__TASK TO CARRY OUT__:
From the listing below, work out how many lines contain "made". Reply with that number only.

--- DATA FOR THIS TASK Enclosed Below ---

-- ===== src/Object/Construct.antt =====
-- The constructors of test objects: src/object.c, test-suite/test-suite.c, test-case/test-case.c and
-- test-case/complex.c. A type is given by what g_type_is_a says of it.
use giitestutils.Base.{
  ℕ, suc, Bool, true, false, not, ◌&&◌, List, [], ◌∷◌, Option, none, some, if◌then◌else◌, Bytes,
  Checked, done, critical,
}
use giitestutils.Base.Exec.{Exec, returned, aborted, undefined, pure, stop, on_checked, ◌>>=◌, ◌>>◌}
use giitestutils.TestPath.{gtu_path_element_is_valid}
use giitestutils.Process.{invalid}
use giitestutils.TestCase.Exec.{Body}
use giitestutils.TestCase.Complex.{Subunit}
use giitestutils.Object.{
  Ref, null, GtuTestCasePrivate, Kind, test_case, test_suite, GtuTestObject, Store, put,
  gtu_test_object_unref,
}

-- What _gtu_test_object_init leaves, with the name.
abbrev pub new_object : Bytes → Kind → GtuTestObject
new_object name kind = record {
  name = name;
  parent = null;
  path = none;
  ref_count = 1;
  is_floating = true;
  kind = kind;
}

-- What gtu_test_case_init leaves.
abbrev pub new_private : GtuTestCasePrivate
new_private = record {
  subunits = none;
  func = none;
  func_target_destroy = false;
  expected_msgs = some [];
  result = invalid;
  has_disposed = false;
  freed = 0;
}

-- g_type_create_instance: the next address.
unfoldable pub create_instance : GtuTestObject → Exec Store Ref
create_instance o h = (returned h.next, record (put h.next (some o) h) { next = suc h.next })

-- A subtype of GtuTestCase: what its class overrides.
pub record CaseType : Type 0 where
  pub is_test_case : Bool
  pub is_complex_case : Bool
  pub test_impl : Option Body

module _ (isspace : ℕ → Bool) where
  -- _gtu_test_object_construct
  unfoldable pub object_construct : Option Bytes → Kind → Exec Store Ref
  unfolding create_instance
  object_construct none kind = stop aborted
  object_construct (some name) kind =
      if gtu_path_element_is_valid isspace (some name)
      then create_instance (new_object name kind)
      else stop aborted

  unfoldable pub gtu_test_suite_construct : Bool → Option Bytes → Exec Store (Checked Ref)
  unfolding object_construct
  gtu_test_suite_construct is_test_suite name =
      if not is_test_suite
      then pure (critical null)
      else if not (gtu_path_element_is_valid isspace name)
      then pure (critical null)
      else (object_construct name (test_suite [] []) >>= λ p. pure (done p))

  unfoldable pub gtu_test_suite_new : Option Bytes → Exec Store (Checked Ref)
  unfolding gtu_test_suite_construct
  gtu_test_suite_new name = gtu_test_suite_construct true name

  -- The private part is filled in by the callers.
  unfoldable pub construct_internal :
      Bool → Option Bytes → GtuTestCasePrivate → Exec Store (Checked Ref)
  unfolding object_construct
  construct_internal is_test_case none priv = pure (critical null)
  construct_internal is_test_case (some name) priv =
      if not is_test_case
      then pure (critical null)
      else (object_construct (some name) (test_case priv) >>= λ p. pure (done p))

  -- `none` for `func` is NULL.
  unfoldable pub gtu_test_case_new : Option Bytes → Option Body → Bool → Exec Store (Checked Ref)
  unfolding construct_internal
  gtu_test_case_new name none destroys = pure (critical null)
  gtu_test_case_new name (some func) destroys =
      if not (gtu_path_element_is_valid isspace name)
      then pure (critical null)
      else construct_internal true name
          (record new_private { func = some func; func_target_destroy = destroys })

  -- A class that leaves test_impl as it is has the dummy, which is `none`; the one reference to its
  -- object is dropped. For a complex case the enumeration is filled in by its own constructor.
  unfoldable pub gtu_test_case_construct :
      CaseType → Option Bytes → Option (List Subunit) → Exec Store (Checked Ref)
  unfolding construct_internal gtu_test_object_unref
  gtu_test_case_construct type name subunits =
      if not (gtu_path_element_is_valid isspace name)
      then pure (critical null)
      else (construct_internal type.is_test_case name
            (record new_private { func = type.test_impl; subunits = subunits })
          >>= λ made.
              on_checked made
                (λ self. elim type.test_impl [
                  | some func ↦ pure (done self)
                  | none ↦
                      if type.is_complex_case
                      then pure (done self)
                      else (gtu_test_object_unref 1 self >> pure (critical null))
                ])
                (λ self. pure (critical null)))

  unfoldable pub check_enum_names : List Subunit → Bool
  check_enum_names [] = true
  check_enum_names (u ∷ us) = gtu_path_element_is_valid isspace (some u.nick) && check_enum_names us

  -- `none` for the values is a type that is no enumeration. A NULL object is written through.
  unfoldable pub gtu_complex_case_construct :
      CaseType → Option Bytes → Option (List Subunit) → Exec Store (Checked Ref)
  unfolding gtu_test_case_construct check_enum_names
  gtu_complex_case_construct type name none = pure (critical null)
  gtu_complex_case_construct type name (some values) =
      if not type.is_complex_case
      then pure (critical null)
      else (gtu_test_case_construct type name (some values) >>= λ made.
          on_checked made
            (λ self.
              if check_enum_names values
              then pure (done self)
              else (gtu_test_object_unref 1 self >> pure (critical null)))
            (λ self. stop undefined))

--- End of Enclosed DATA FOR THIS TASK ---

__EXERCISE ANSWER__:
4